§ **RECORDS TO USE**:
+++

-- ===== src/Address.antt =====
-- src/address.cc and include/address.h: socket addresses. Text and memory are lists of bytes. What the
-- resolver of the system answers is a parameter.
pub mod Lookup
pub mod Parts
pub mod Masks
pub mod Prefix
pub mod Networks
pub mod Compare
pub mod Order
pub mod Text
pub mod Compressed
pub mod Ipv4
pub mod Subnets
pub mod Dotted
pub mod Interfaces
pub mod Netmasks
pub mod Numeric
pub mod Unix
pub mod Paths
pub mod Tests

+++

§ **WHAT YOU NEED TO DO**: Please copy exactly the lines from the one that contains "-- src/address.cc and" up to and including the final line of the listing above.

§ **COMPLETED TASK**:
-- src/address.cc and include/address.h: socket addresses. Text and memory are lists of bytes. What the
-- resolver of the system answers is a parameter.
pub mod Lookup
pub mod Parts
pub mod Masks
pub mod Prefix
pub mod Networks
pub mod Compare
pub mod Order
pub mod Text
pub mod Compressed
pub mod Ipv4
pub mod Subnets
pub mod Dotted
pub mod Interfaces
pub mod Netmasks
pub mod Numeric
pub mod Unix
pub mod Paths
pub mod Tests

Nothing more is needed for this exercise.